◆ **Requirement**
After finding the line with "-- A tree of" in the data below, set down exactly each line through the one with "gas_truncate_inode_direct function_bits 0", inclusive, and stop there.

[Extracted records]

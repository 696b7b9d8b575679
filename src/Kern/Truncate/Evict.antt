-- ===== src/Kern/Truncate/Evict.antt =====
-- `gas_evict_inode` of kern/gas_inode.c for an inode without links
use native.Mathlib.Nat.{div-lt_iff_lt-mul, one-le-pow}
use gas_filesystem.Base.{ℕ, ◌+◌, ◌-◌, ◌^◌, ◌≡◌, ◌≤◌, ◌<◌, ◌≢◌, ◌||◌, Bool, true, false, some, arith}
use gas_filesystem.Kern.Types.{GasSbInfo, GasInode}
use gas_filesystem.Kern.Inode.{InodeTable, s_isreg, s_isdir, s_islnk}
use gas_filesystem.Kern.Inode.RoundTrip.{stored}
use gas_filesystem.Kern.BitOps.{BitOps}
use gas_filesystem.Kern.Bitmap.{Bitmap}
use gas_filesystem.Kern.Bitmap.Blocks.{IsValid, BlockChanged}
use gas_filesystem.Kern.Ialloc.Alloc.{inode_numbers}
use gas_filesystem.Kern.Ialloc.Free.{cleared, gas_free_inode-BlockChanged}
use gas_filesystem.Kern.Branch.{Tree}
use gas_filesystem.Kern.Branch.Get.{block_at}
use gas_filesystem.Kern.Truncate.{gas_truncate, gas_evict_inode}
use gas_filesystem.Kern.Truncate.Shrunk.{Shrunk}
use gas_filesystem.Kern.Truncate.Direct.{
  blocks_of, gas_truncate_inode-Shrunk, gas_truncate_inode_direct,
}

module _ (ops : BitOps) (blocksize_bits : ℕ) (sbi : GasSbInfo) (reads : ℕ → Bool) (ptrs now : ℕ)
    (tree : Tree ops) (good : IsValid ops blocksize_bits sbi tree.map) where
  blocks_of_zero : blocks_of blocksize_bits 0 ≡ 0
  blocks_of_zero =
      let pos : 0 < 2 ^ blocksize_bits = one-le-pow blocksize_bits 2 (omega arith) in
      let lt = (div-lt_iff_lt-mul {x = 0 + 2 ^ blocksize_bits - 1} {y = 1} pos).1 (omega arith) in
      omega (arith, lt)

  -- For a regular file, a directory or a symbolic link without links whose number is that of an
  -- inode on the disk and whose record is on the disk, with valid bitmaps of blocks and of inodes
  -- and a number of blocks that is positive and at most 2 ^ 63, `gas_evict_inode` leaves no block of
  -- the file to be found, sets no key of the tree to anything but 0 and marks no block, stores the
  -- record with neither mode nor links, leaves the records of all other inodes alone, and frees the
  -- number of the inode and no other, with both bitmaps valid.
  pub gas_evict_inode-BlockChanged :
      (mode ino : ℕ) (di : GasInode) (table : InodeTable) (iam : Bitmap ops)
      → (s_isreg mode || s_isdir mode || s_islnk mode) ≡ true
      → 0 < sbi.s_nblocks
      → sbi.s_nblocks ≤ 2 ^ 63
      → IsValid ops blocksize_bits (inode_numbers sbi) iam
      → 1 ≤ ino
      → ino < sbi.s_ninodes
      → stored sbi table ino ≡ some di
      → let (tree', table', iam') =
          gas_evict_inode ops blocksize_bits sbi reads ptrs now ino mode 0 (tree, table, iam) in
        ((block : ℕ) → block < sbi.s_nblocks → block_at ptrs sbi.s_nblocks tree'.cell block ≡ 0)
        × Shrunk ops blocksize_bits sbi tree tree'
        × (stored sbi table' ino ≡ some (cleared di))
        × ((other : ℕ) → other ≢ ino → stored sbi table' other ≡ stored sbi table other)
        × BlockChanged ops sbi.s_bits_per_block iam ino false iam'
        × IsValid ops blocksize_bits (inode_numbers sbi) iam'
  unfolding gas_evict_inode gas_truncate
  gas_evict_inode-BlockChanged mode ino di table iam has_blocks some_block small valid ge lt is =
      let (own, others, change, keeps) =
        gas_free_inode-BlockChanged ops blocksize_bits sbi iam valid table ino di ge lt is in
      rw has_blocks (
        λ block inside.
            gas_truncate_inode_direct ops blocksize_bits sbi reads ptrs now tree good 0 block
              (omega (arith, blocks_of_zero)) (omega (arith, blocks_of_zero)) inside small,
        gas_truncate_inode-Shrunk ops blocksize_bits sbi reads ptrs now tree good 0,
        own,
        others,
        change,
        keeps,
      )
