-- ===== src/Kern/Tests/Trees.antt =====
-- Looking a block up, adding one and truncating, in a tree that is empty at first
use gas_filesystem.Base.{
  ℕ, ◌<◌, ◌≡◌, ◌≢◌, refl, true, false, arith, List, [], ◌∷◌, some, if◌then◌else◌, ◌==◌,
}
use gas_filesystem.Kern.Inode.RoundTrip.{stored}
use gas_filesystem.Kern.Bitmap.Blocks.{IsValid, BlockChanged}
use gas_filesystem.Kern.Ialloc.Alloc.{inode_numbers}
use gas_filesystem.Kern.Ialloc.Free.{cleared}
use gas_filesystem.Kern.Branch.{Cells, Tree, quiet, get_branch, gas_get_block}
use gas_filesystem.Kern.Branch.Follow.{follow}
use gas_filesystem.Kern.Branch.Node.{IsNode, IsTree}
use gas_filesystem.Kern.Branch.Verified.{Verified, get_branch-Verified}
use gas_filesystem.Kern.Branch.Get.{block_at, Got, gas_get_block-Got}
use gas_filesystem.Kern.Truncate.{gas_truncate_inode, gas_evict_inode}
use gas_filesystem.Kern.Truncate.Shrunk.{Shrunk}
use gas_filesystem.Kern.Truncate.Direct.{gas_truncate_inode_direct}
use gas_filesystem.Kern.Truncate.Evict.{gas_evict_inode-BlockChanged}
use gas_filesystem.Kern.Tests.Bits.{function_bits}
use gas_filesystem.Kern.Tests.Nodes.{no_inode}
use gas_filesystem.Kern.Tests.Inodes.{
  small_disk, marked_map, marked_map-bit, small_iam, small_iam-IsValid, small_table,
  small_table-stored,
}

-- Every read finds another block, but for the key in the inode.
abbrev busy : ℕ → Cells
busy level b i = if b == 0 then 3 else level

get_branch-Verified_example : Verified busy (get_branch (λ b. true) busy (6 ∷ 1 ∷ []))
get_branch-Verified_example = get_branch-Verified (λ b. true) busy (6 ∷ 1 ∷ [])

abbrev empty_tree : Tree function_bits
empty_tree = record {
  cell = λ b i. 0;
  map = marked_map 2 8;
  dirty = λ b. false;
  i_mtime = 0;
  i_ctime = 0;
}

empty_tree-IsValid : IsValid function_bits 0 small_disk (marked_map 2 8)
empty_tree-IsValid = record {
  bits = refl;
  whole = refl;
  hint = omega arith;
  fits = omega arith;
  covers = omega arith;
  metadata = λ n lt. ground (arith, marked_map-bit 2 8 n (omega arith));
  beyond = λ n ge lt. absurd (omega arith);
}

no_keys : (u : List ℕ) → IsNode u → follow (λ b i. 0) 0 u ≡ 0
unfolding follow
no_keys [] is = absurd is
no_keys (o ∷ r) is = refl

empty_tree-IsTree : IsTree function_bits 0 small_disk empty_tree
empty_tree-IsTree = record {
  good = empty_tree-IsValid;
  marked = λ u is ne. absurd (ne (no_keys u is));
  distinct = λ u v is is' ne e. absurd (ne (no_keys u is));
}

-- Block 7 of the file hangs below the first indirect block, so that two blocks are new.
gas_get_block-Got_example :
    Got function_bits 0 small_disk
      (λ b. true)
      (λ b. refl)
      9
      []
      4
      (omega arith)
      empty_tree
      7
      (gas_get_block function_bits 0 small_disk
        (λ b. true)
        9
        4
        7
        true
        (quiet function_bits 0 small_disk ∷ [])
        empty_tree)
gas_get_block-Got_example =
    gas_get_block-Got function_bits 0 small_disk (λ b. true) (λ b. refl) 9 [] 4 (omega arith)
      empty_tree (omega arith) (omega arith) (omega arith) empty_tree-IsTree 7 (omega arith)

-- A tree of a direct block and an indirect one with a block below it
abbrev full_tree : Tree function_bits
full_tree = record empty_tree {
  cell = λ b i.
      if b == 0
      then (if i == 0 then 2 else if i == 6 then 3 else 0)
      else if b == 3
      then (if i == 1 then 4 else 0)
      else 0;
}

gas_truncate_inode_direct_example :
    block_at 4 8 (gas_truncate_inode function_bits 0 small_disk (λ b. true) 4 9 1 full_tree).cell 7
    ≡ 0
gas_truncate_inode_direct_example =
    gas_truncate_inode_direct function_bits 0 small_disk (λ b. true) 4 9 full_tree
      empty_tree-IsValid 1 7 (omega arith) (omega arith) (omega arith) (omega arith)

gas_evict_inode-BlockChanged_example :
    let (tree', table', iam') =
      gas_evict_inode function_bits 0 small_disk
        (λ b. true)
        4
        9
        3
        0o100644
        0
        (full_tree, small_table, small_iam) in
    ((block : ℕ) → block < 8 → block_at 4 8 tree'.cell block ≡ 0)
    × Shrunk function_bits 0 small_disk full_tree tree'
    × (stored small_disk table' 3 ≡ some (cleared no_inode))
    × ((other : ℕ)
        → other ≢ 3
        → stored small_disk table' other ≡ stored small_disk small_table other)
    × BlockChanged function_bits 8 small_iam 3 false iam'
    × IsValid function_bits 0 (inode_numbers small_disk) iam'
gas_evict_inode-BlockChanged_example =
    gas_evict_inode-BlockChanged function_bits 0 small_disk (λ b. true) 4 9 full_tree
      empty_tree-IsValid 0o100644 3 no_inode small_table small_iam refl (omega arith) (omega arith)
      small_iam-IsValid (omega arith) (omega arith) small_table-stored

◆ **Solution**
-- A tree of a direct block and an indirect one with a block below it
abbrev full_tree : Tree function_bits
full_tree = record empty_tree {
  cell = λ b i.
      if b == 0
      then (if i == 0 then 2 else if i == 6 then 3 else 0)
      else if b == 3
      then (if i == 1 then 4 else 0)
      else 0;
}

gas_truncate_inode_direct_example :
    block_at 4 8 (gas_truncate_inode function_bits 0 small_disk (λ b. true) 4 9 1 full_tree).cell 7
    ≡ 0
gas_truncate_inode_direct_example =
    gas_truncate_inode_direct function_bits 0 small_disk (λ b. true) 4 9 full_tree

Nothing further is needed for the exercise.